US approach to CMYK simulation for RGB / Lab late binding workflow
US approach to CMYK simulation for RGB / Lab late binding workflow
- Subject: US approach to CMYK simulation for RGB / Lab late binding workflow
- From: Henrik Holmegaard <email@hidden>
- Date: Tue, 12 Mar 2002 12:48:41 +0100
Martin Bailey <email@hidden> wrote:
I am continually surprised by the contention from both Americans and
Canadians that ISO standards don't apply to them because they are 'European'.
ISO is the International Standards Organization. ISO 12647 is developed by
ISO TC130 WG3, which usually includes roughly equal numbers of
representatives from the USA*, Europe and Japan. It's intended to be just
as applicable in North America as anywhere else, and a lot of work has been
expended in ensuring that it's suitable for ink sets used around the world,
and that positive/negative working doesn't prevent printers matching it.
(I'm cross-posting, but the discussion came out of the ColorSync
Users List and has its roots here.)
The right approach is to ask Adobe to change the naming of its
bundled ISO and TROO1 profiles. This is the first and major stumbling
block: The simplicity of calling the same thing by the same word in
all system ICC profile folders.
If a company uses the ISO and TR001 reference characterization data
to offer its users standards-based simulation and output profiles for
late binding workflows, then it makes little sense not to educate the
user as to the background of the characterization data.

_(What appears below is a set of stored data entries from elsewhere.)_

-- ===== src/Protocol.antt =====
-- websocket_protocol.c: the RFC 6455 frame format, shared by the PHP classes and the server.
pub mod Opcode
pub mod Utf8
pub mod Mask
pub mod Result
pub mod Close
pub mod Frame
pub mod Unpack
pub mod Header
pub mod RoundTrip
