-- ===== src/Protocol/Header.antt =====
-- The header that `pack_payload` writes, read back field by field.
pub mod FirstByte
pub mod Length
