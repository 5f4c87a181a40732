-- ===== src/Protocol/RoundTrip.antt =====
-- `websocket_protocol_unpack` after `websocket_protocol_pack_payload`.
pub mod Layout
pub mod Packed
pub mod Data
pub mod Methods
pub mod Close
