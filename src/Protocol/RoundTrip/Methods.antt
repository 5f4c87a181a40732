-- ===== src/Protocol/RoundTrip/Methods.antt =====
-- The PHP methods: what `Protocol::pack` returns, `Protocol::unpack` turns back into its input.
use php_websocket.Base.{
  ℕ, ◌+◌, ◌^◌, ◌<◌, ◌≡◌, ◌≢◌, refl, true, not, ◌&&◌, some, ◌++◌, Bytes, IsBytes, bit_and, length,
  arith, ltb, if◌then◌else◌,
}
use php_websocket.Base.Bits.{passes_below, passes_below_at}
use php_websocket.Base.Int.{ℤ, pos, negsuc, low_byte}
use php_websocket.Protocol.Mask.{Endian}
use php_websocket.Protocol.Opcode.{
  MessageType, opcode_close, flag_fin, flags_all, message_type_opcode,
}
use php_websocket.Protocol.Frame.{string, has_bit, pack_payload, pack_checked, pack}
use php_websocket.Protocol.Unpack.{frame, unpack}
use php_websocket.Protocol.Result.{ok}
use php_websocket.Protocol.RoundTrip.Packed.{IsMask}
use php_websocket.Protocol.RoundTrip.Data.{IsSendable, received, opcode-lt, unpack-packed}

-- Of the signed flags, those six bits go into the frame.
abbrev pub frame_flags : ℤ → ℕ
frame_flags flags = bit_and (low_byte flags) flags_all

frame_flags_table :
    passes_below
      (λ b.
        ltb (bit_and b flags_all) 64
        && (if has_bit b flag_fin
            then has_bit (bit_and b flags_all) flag_fin
            else not (has_bit (bit_and b flags_all) flag_fin)))
      256
    ≡ true
unfolding passes_below
frame_flags_table = refl

low_byte-lt : (x : ℤ) → low_byte x < 256
low_byte-lt (pos n) = omega arith
low_byte-lt (negsuc n) = omega arith

pub frame_flags_lem :
    (flags : ℤ)
    → (frame_flags flags < 64)
      × (has_bit (frame_flags flags) flag_fin ≡ has_bit (low_byte flags) flag_fin)
frame_flags_lem flags =
    ground (arith, passes_below_at _ 256 (low_byte flags) frame_flags_table (low_byte-lt flags))

-- The checks of `Protocol::pack`, read off its success.
pub pack_checked-IsSendable :
    (e : Endian) (key payload : Bytes) (opcode : ℕ) (flags : ℤ) (bs : Bytes)
    → pack_checked e (some key) payload (pos opcode) flags ≡ ok bs
    → IsSendable opcode (frame_flags flags) payload
      × (pack_payload e (some key) payload opcode (frame_flags flags) ≡ some bs)
unfolding pack_checked
pack_checked-IsSendable e key payload opcode flags bs h =
    ground (arith, frame_flags_lem flags, opcode-lt opcode)

-- If `Protocol::pack` accepts a string for an opcode other than close, then `Protocol::unpack`
-- gives, from the result and whatever follows it, a frame of the opcode's type with the same
-- payload, FIN bit and flags (COMPRESS read as RSV1), and the number of bytes that were packed.
pub unpack-pack :
    (e : Endian) (key payload rest : Bytes) (opcode : ℕ) (flags : ℤ) (bs : Bytes)
    → IsMask key
    → IsBytes payload
    → length payload + 14 < 2 ^ 64
    → opcode ≢ opcode_close
    → pack e (some key) (string payload) (pos opcode) flags ≡ ok bs
    → (t : MessageType) × (message_type_opcode t ≡ opcode)
      × (unpack e (bs ++ rest)
          ≡ ok (some (frame (received t opcode payload (frame_flags flags) (length bs)))))
unfolding pack
unpack-pack e key payload rest opcode flags bs k p fits ne h =
    let (s, made) = pack_checked-IsSendable e key payload opcode flags bs h in
    let (t, bs', made', names, decoded) =
      unpack-packed e key payload rest opcode (frame_flags flags) k p fits (frame_flags_lem flags).0
        ne s in
    let same : bs' ≡ bs = cc (made, made') in (t, names, rw same at decoded)
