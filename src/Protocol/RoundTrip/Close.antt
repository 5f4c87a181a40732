-- ===== src/Protocol/RoundTrip/Close.antt =====
-- Close frames: code and reason survive `Protocol::pack` and `Protocol::unpack`.
use php_websocket.Base.{
  ℕ, ◌+◌, ◌/◌, ◌%◌, ◌<◌, ◌≤◌, ◌≡◌, inl, inr, refl, ◌∙◌, subst, Bool, true, false, Option, some, [],
  ◌++◌, Bytes, IsBytes, bit_and, length, drop, arith, ltb, ◌==◌,
}
use php_websocket.Base.Bits.{bit_or_fields}
use php_websocket.Base.Int.{ℤ, pos, negsuc}
use php_websocket.Protocol.Mask.{Endian}
use php_websocket.Protocol.Opcode.{
  opcode_close, flag_fin, flag_mask, opcode_is_valid, opcode_is_control, close_code_is_valid,
  close_reason_max_len,
}
use php_websocket.Protocol.Utf8.{is_valid_utf8}
use php_websocket.Protocol.Close.{code_bytes, close_payload}
use php_websocket.Protocol.Frame.{CloseFrame, close_frame, has_bit, first_byte, pack, pack_checked}
use php_websocket.Protocol.Unpack.{
  Decoded, close_code, unpack_flags, unpack_close, unpack_whole, unpack,
}
use php_websocket.Protocol.Result.{Result-cases, ok}
use php_websocket.Protocol.Header.FirstByte.{
  received_flags, opcode-first_byte, final-first_byte, unpack_flags-first_byte,
}
use php_websocket.Protocol.Header.Length.{header_len}
use php_websocket.Protocol.RoundTrip.Layout.{length-layout, unpack-layout}
use php_websocket.Protocol.RoundTrip.Data.{IsSendable}
use php_websocket.Protocol.RoundTrip.Packed.{
  IsMask, packed, sent_key, sent_payload, length-sent_payload, length-sent_key, unmask-sent_payload,
  pack_payload-packed, layout-append,
}
use php_websocket.Protocol.RoundTrip.Methods.{frame_flags, frame_flags_lem, pack_checked-IsSendable}

-- A close payload that is made has a valid code, which its first two bytes give back, and a short
-- reason in UTF-8 behind them.
pub close_payload_lem :
    (code : ℤ) (reason payload : Bytes)
    → close_payload code reason ≡ ok payload
    → (payload ≡ code_bytes code ++ reason)
      × (close_code_is_valid code ≡ true)
      × (length reason ≤ close_reason_max_len)
      × (is_valid_utf8 reason ≡ true)
unfolding close_payload
close_payload_lem code reason payload h = ground arith

pub close_code-code_bytes :
    (code : ℤ) (reason : Bytes)
    → close_code_is_valid code ≡ true
    → pos (close_code (code_bytes code ++ reason)) ≡ code
unfolding close_code_is_valid
close_code-code_bytes (pos n) reason h =
    ground (arith, bit_or_fields 8 (n / 256 % 256) (n % 256) (omega arith))
close_code-code_bytes (negsuc n) reason h = cc h

pub code_bytes-IsBytes :
    (code : ℤ) (reason : Bytes) → IsBytes reason → IsBytes (code_bytes code ++ reason)
code_bytes-IsBytes (pos n) reason p = (omega arith, (omega arith, p))
code_bytes-IsBytes (negsuc n) reason p = (omega arith, (omega arith, p))

pub length-code_bytes :
    (code : ℤ) (reason : Bytes) → length (code_bytes code ++ reason) ≡ length reason + 2
length-code_bytes (pos n) reason = omega arith
length-code_bytes (negsuc n) reason = omega arith

drop-code_bytes : (code : ℤ) (reason : Bytes) → drop 2 (code_bytes code ++ reason) ≡ reason
drop-code_bytes (pos n) reason = refl
drop-code_bytes (negsuc n) reason = refl

-- The close frame that a receiver is given.
abbrev pub received_close : ℤ → Bytes → ℕ → ℕ → CloseFrame
received_close code reason flags consumed = record {
  code = code;
  reason = reason;
  flags = pos flags;
  bytes_consumed = consumed;
}

unpack_close_lem :
    (code : ℤ) (reason : Bytes) (flags consumed : ℕ)
    → close_code_is_valid code ≡ true
    → is_valid_utf8 reason ≡ true
    → unpack_close (code_bytes code ++ reason) flags consumed
      ≡ ok (Decoded.close_frame (received_close code reason flags consumed))
unfolding unpack_close
unpack_close_lem code reason flags consumed valid text =
    let long : ltb 1 (length (code_bytes code ++ reason)) ≡ true =
      ground (arith, length-code_bytes code reason) in
    rw (long, drop-code_bytes code reason, text, close_code-code_bytes code reason valid)

unpack_whole-close :
    (e : Endian) (b0 at : ℕ) (masked : Bool) (key raw payload : Bytes)
    → bit_and b0 0x0f ≡ opcode_close
    → has_bit b0 0x80 ≡ true
    → sent_payload e masked key raw ≡ payload
    → length raw ≡ length payload
    → ltb 125 (length payload) ≡ false
    → (length payload == 1) ≡ false
    → unpack_whole e b0 masked key at raw
      ≡ unpack_close payload (unpack_flags b0 masked) (at + length payload)
unfolding unpack_whole opcode_is_valid opcode_is_control
unpack_whole-close e b0 at masked key raw payload is_close final unmasked same short more =
    rw (is_close, final, unmasked, same, short, more)

-- A close frame that is packed has a payload, which is packed with the close opcode.
pack-close_frame :
    (e : Endian) (random : Option Bytes) (c : CloseFrame) (opcode flags : ℤ) (bs : Bytes)
    → pack e random (close_frame c) opcode flags ≡ ok bs
    → (payload : Bytes) × (close_payload c.code c.reason ≡ ok payload)
      × (pack_checked e random payload (pos opcode_close) c.flags ≡ ok bs)
unfolding pack
pack-close_frame e random c opcode flags bs h =
    elim (Result-cases (close_payload c.code c.reason)) [
      | inl (payload, made) ↦ (payload, made, rw made at h)
      | inr (x, failed) ↦ cc (rw failed at h)
    ]

final-close_frame :
    (flags : ℕ) (payload : Bytes)
    → IsSendable opcode_close flags payload
    → has_bit flags flag_fin ≡ true
unfolding opcode_is_control
final-close_frame flags payload s = ground (arith, s.final)

module _ (e : Endian) (key rest : Bytes) (c : CloseFrame) (k : IsMask key)
    (p : IsBytes c.reason) where
  unpack-packed_close :
      (flags : ℕ) (payload : Bytes)
      → flags < 64
      → has_bit flags flag_fin ≡ true
      → close_payload c.code c.reason ≡ ok payload
      → (q : IsBytes payload)
      → unpack e (packed e key payload opcode_close flags ++ rest)
        ≡ ok (
            some (
              Decoded.close_frame (
                received_close c.code c.reason
                  (received_flags flags)
                  (length (packed e key payload opcode_close flags)))))
  unpack-packed_close flags payload hf final made q =
      let masked : Bool = has_bit flags flag_mask in
      let key' : Bytes = sent_key masked key in
      let raw : Bytes = sent_payload e masked key payload in
      let b0 : ℕ = first_byte opcode_close flags in
      let ho : opcode_close < 16 = omega arith in
      let (shape, valid, short, text) = close_payload_lem c.code c.reason payload made in
      let len : length payload ≡ length c.reason + 2 =
        rw shape (length-code_bytes c.code c.reason) in
      let lr = length-sent_payload e key payload k q masked in
      let lk = length-sent_key e key payload k q masked in
      let whole =
        unpack_whole-close e b0 (header_len (length raw) + length key') masked key' raw payload
          (opcode-first_byte opcode_close flags ho hf)
          (final-first_byte opcode_close flags ho hf ∙ final)
          (unmask-sent_payload e key payload k q masked) lr (ground arith) (ground arith) in
      let consumed : header_len (length raw) + length key' + length payload
          ≡ length (packed e key payload opcode_close flags) =
        omega (arith, length-layout b0 masked key' raw [] lk) in
      let sent_flags = unpack_flags-first_byte opcode_close flags ho hf in
      let decoded = unpack-layout b0 masked key' raw rest lk (omega arith) e in
      let value =
        unpack_close_lem c.code c.reason (received_flags flags)
          (length (packed e key payload opcode_close flags)) valid text in
      let closed : unpack_close payload (unpack_flags b0 masked)
            (header_len (length raw) + length key' + length payload)
          ≡ ok (
              Decoded.close_frame (
                received_close c.code c.reason (received_flags flags)
                  (length (packed e key payload opcode_close flags)))) =
        cc (shape, sent_flags, consumed, value) in
      rw (layout-append, decoded, whole, closed)

  -- If `Protocol::pack` accepts a close frame, then `Protocol::unpack` gives, from the result and
  -- whatever follows it, a close frame with the same code, reason and flags (COMPRESS read as
  -- RSV1), and the number of bytes that were packed.
  pub unpack-pack_close :
      (opcode flags : ℤ) (bs : Bytes)
      → pack e (some key) (close_frame c) opcode flags ≡ ok bs
      → unpack e (bs ++ rest)
        ≡ ok (
            some (
              Decoded.close_frame (
                received_close c.code c.reason (received_flags (frame_flags c.flags)) (length bs))))
  unpack-pack_close opcode flags bs h =
      let (payload, made, checked) = pack-close_frame e (some key) c opcode flags bs h in
      let (s, sent) = pack_checked-IsSendable e key payload opcode_close c.flags bs checked in
      let (shape, valid, short, text) = close_payload_lem c.code c.reason payload made in
      let q : IsBytes payload = rw shape (code_bytes-IsBytes c.code c.reason p) in
      let fl : ℕ = frame_flags c.flags in
      let same : packed e key payload opcode_close fl ≡ bs =
        cc (sent, pack_payload-packed e key payload k q opcode_close fl) in
      subst
        (λ b.
          unpack e (b ++ rest)
          ≡ ok (
              some (
                Decoded.close_frame
                  (received_close c.code c.reason (received_flags fl) (length b)))))
        same
        (unpack-packed_close fl payload (frame_flags_lem c.flags).0 (final-close_frame fl payload s)
          made q)
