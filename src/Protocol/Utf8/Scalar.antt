-- ===== src/Protocol/Utf8/Scalar.antt =====
-- The encoding that the validator is judged by: Unicode scalar values and their UTF-8 form
-- (RFC 3629, section 3), written with no reference to the code.
use php_websocket.Base.{ℕ, ◌+◌, ◌/◌, ◌%◌, ◌<◌, ◌⊎◌, List, [], ◌∷◌, ◌++◌, Bytes, ltb, if◌then◌else◌}

-- No surrogate, and at most 0x10ffff.
abbrev pub IsScalar : ℕ → Type 0
IsScalar c = (c < 0xd800) ⊎ ((0xdfff < c) × (c < 0x110000))

unfoldable pub encode_scalar : ℕ → Bytes
encode_scalar c =
    if ltb c 0x80
    then c ∷ []
    else if ltb c 0x800
    then (0xc0 + c / 64) ∷ (0x80 + c % 64) ∷ []
    else if ltb c 0x10000
    then (0xe0 + c / 4096) ∷ (0x80 + c / 64 % 64) ∷ (0x80 + c % 64) ∷ []
    else (0xf0 + c / 262144) ∷ (0x80 + c / 4096 % 64) ∷ (0x80 + c / 64 % 64) ∷ (0x80 + c % 64) ∷ []

unfoldable pub encode_text : List ℕ → Bytes
encode_text [] = []
encode_text (c ∷ cs) = encode_scalar c ++ encode_text cs
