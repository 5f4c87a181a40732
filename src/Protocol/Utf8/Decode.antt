-- ===== src/Protocol/Utf8/Decode.antt =====
-- One round of the validator against one encoded scalar value.
use php_websocket.Base.{
  ℕ, suc, ◌+◌, ◌/◌, ◌%◌, ◌-◌, ◌*◌, ◌≤◌, ◌<◌, ◌≡◌, refl, Bool, true, not, some, [], ◌∷◌, ◌++◌, Bytes,
  IsBytes, leb, ◌==◌, drop, ◌&&◌, arith, Bool-cases, inl, inr, if◌then◌else◌, false,
}
use php_websocket.Base.Bits.{passes_below, passes_below_at}
use php_websocket.Protocol.Utf8.{is_continuation, utf8_step, scan_utf8, within}
use php_websocket.Protocol.Utf8.Scalar.{IsScalar, encode_scalar}

-- On a byte, `(b & 0xc0) == 0x80` is the range 0x80 to 0xbf.
is_continuation_table :
    passes_below
      (λ b. if is_continuation b then within 0x80 0xbf b else not (within 0x80 0xbf b))
      256
    ≡ true
unfolding passes_below is_continuation
is_continuation_table = refl

pub is_continuation_lem : (b : ℕ) → b < 256 → is_continuation b ≡ within 0x80 0xbf b
is_continuation_lem b h = ground (arith, passes_below_at _ 256 b is_continuation_table h)

pub continuation_byte : (c : ℕ) → c < 64 → is_continuation (0x80 + c) ≡ true
continuation_byte c h = ground (arith, is_continuation_lem (0x80 + c) (omega arith))

module _ (fuel s : ℕ) (rest : Bytes) where
  pub scan-encode1 : s < 0x80 → scan_utf8 (suc fuel) (encode_scalar s ++ rest) ≡ scan_utf8 fuel rest
  unfolding scan_utf8 utf8_step encode_scalar
  scan-encode1 h = ground arith

  pub scan-encode2 :
      0x80 ≤ s → s < 0x800 → scan_utf8 (suc fuel) (encode_scalar s ++ rest) ≡ scan_utf8 fuel rest
  unfolding scan_utf8 utf8_step encode_scalar
  scan-encode2 l h = ground (arith, continuation_byte (s % 64) (omega arith))

  pub scan-encode3 :
      0x800 ≤ s
      → s < 0x10000
      → IsScalar s
      → scan_utf8 (suc fuel) (encode_scalar s ++ rest) ≡ scan_utf8 fuel rest
  unfolding scan_utf8 utf8_step encode_scalar
  scan-encode3 l h v = ground (
    arith,
    continuation_byte (s % 64) (omega arith),
    continuation_byte (s / 64 % 64) (omega arith),
  )

  pub scan-encode4 :
      0x10000 ≤ s
      → s < 0x110000
      → scan_utf8 (suc fuel) (encode_scalar s ++ rest) ≡ scan_utf8 fuel rest
  unfolding scan_utf8 utf8_step encode_scalar
  scan-encode4 l h = ground (
    arith,
    continuation_byte (s % 64) (omega arith),
    continuation_byte (s / 64 % 64) (omega arith),
    continuation_byte (s / 4096 % 64) (omega arith),
  )

abbrev two : ℕ → ℕ → ℕ
two c b = (c - 0xc0) * 64 + (b - 0x80)

abbrev three : ℕ → ℕ → ℕ → ℕ
three c b d = (c - 0xe0) * 4096 + (b - 0x80) * 64 + (d - 0x80)

abbrev four : ℕ → ℕ → ℕ → ℕ → ℕ
four c b d e = (c - 0xf0) * 262144 + (b - 0x80) * 4096 + (d - 0x80) * 64 + (e - 0x80)

-- The scalar value that starts at `c`.
pub decoded : ℕ → Bytes → ℕ
decoded c [] = c
decoded c (b ∷ []) = if leb c 0x7f then c else two c b
decoded c (b ∷ d ∷ []) = if leb c 0x7f then c else if leb c 0xdf then two c b else three c b d
decoded c (b ∷ d ∷ e ∷ rest) =
    if leb c 0x7f
    then c
    else if leb c 0xdf
    then two c b
    else if leb c 0xef
    then three c b d
    else four c b d e

-- What one round has read, if it does not refuse, is one encoded scalar value.
abbrev pub Reads : ℕ → Bytes → ℕ → Type 0
Reads c rest n =
    IsScalar (decoded c rest) × (encode_scalar (decoded c rest) ++ drop n (c ∷ rest) ≡ c ∷ rest)

-- Each form of the encoding, taken apart and put together again.
module _ (rest : Bytes) where
  read1 : (c : ℕ) → c ≤ 0x7f → IsScalar c × (encode_scalar c ++ rest ≡ c ∷ rest)
  unfolding encode_scalar
  read1 c h = ground arith

  read2 :
      (c b : ℕ)
      → within 0xc2 0xdf c ≡ true
      → within 0x80 0xbf b ≡ true
      → IsScalar (two c b) × (encode_scalar (two c b) ++ rest ≡ c ∷ b ∷ rest)
  unfolding encode_scalar
  read2 c b h k = ground arith

  read3 :
      (c b d : ℕ)
      → within 0xe0 0xef c ≡ true
      → within 0x80 0xbf b ≡ true
      → within 0x80 0xbf d ≡ true
      → (c ≡ 0xe0 → 0xa0 ≤ b)
      → (c ≡ 0xed → b ≤ 0x9f)
      → IsScalar (three c b d) × (encode_scalar (three c b d) ++ rest ≡ c ∷ b ∷ d ∷ rest)
  unfolding encode_scalar
  read3 c b d h k l low surrogate = ground arith

  read4 :
      (c b d e : ℕ)
      → within 0xf0 0xf4 c ≡ true
      → within 0x80 0xbf b ≡ true
      → within 0x80 0xbf d ≡ true
      → within 0x80 0xbf e ≡ true
      → (c ≡ 0xf0 → 0x90 ≤ b)
      → (c ≡ 0xf4 → b ≤ 0x8f)
      → IsScalar (four c b d e) × (encode_scalar (four c b d e) ++ rest ≡ c ∷ b ∷ d ∷ e ∷ rest)
  unfolding encode_scalar
  read4 c b d e h k l m low high = ground arith

step0 : (c n : ℕ) → utf8_step c [] ≡ some n → Reads c [] n × (0 < n)
unfolding utf8_step decoded encode_scalar
step0 c n h = ground arith

step1 : (c b n : ℕ) → b < 256 → utf8_step c (b ∷ []) ≡ some n → Reads c (b ∷ []) n × (0 < n)
unfolding utf8_step decoded encode_scalar
step1 c b n lb h = ground (arith, is_continuation_lem b lb)

step2 :
    (c b d n : ℕ)
    → b < 256
    → d < 256
    → utf8_step c (b ∷ d ∷ []) ≡ some n
    → Reads c (b ∷ d ∷ []) n × (0 < n)
unfolding utf8_step decoded encode_scalar
step2 c b d n lb ld h = ground (arith, is_continuation_lem b lb, is_continuation_lem d ld)

-- The test that the second byte of a long form must pass.
abbrev second3 : ℕ → ℕ → Bool
second3 c b =
    if c == 0xe0
    then within 0xa0 0xbf b
    else if c == 0xed
    then within 0x80 0x9f b
    else is_continuation b

abbrev second4 : ℕ → ℕ → Bool
second4 c b =
    if c == 0xf0
    then within 0x90 0xbf b
    else if c == 0xf4
    then within 0x80 0x8f b
    else is_continuation b

module _ (c b d e n : ℕ) (rest : Bytes) where
  tests3 :
      0xe0 ≤ c
      → c ≤ 0xef
      → utf8_step c (b ∷ d ∷ e ∷ rest) ≡ some n
      → (second3 c b && is_continuation d ≡ true) × (n ≡ 3)
  unfolding utf8_step
  tests3 s t h = ground arith

  tests4 :
      0xf0 ≤ c
      → utf8_step c (b ∷ d ∷ e ∷ rest) ≡ some n
      → (second4 c b && is_continuation d && is_continuation e ≡ true) × (n ≡ 4) × (c ≤ 0xf4)
  unfolding utf8_step
  tests4 s h = ground arith

second3_ranges :
    (c b : ℕ)
    → b < 256
    → second3 c b ≡ true
    → (within 0x80 0xbf b ≡ true) × (c ≡ 0xe0 → 0xa0 ≤ b) × (c ≡ 0xed → b ≤ 0x9f)
second3_ranges c b lb h =
    (ground (arith, is_continuation_lem b lb), λ e. ground arith, λ e. ground arith)

second4_ranges :
    (c b : ℕ)
    → b < 256
    → second4 c b ≡ true
    → (within 0x80 0xbf b ≡ true) × (c ≡ 0xf0 → 0x90 ≤ b) × (c ≡ 0xf4 → b ≤ 0x8f)
second4_ranges c b lb h =
    (ground (arith, is_continuation_lem b lb), λ e. ground arith, λ e. ground arith)

module _ (c b d e n : ℕ) (rest : Bytes) (lb : b < 256) (ld : d < 256) (le : e < 256) where
  step3_short :
      c ≤ 0xdf → utf8_step c (b ∷ d ∷ e ∷ rest) ≡ some n → Reads c (b ∷ d ∷ e ∷ rest) n × (0 < n)
  unfolding utf8_step decoded
  step3_short s h =
      ground (arith, is_continuation_lem b lb, read1 (b ∷ d ∷ e ∷ rest) c, read2 (d ∷ e ∷ rest) c b)

  step3_middle :
      0xe0 ≤ c
      → c ≤ 0xef
      → utf8_step c (b ∷ d ∷ e ∷ rest) ≡ some n
      → Reads c (b ∷ d ∷ e ∷ rest) n × (0 < n)
  unfolding decoded
  step3_middle s t h =
      let (t3, w) = tests3 c b d e n rest s t h in
      let (q, u, v) = second3_ranges c b lb (ground arith) in
      let two_byte : leb c 0xdf ≡ false = ground arith in
      let one_byte : leb c 0x7f ≡ false = ground arith in
      let long : leb c 0xef ≡ true = ground arith in
      rw (w, one_byte, two_byte, long)
        (
          read3 (e ∷ rest) c b d (ground arith) q (ground (arith, is_continuation_lem d ld)) u v,
          omega arith,
        )

  step3_long :
      0xf0 ≤ c → utf8_step c (b ∷ d ∷ e ∷ rest) ≡ some n → Reads c (b ∷ d ∷ e ∷ rest) n × (0 < n)
  unfolding decoded
  step3_long s h =
      let (t4, m, top) = tests4 c b d e n rest s h in
      let (q, v, w) = second4_ranges c b lb (ground arith) in
      let third : within 0x80 0xbf d ≡ true = ground (arith, is_continuation_lem d ld) in
      let fourth : within 0x80 0xbf e ≡ true = ground (arith, is_continuation_lem e le) in
      let two_byte : leb c 0xdf ≡ false = ground arith in
      let one_byte : leb c 0x7f ≡ false = ground arith in
      let long : leb c 0xef ≡ false = ground arith in
      rw (m, one_byte, two_byte, long)
        (read4 rest c b d e (ground arith) q third fourth v w, omega arith)

  step3 : utf8_step c (b ∷ d ∷ e ∷ rest) ≡ some n → Reads c (b ∷ d ∷ e ∷ rest) n × (0 < n)
  step3 h = elim (Bool-cases (leb c 0xdf)) [
    | inl s ↦ step3_short (ground arith) h
    | inr l ↦ elim (Bool-cases (leb c 0xef)) [
      | inl s ↦ step3_middle (ground arith) (ground arith) h
      | inr m ↦ step3_long (ground arith) h
    ]
  ]

-- A round that does not refuse has read one encoded scalar value.
pub utf8_step-Reads :
    (c : ℕ) (rest : Bytes) (n : ℕ)
    → IsBytes rest
    → utf8_step c rest ≡ some n
    → Reads c rest n × (0 < n)
utf8_step-Reads c [] n p h = step0 c n h
utf8_step-Reads c (b ∷ []) n p h = step1 c b n p.0 h
utf8_step-Reads c (b ∷ d ∷ []) n p h = step2 c b d n p.0 p.1.0 h
utf8_step-Reads c (b ∷ d ∷ e ∷ rest) n p h = step3 c b d e n rest p.0 p.1.0 p.1.1.0 h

Moreover, FOGRA is right that the concept of targetting solely for
TR001 is not optimal. TR001 though a colorimetric target which
supports separation and simulation within the ICC framework, remains
a gamut smaller than a printing press run to ISO 12647-2 paper type 1
and paper type 2 is capable of.
Personally, I kind of doubt that users realize they are reducing the
gamut of their RGB / Lab originals to much less than may be
necessary. The reason is that they don't have a concept of how many
gamuts the same printing press is capable of. This is going to change
rapidly as 3D gamut comparison becomes standard.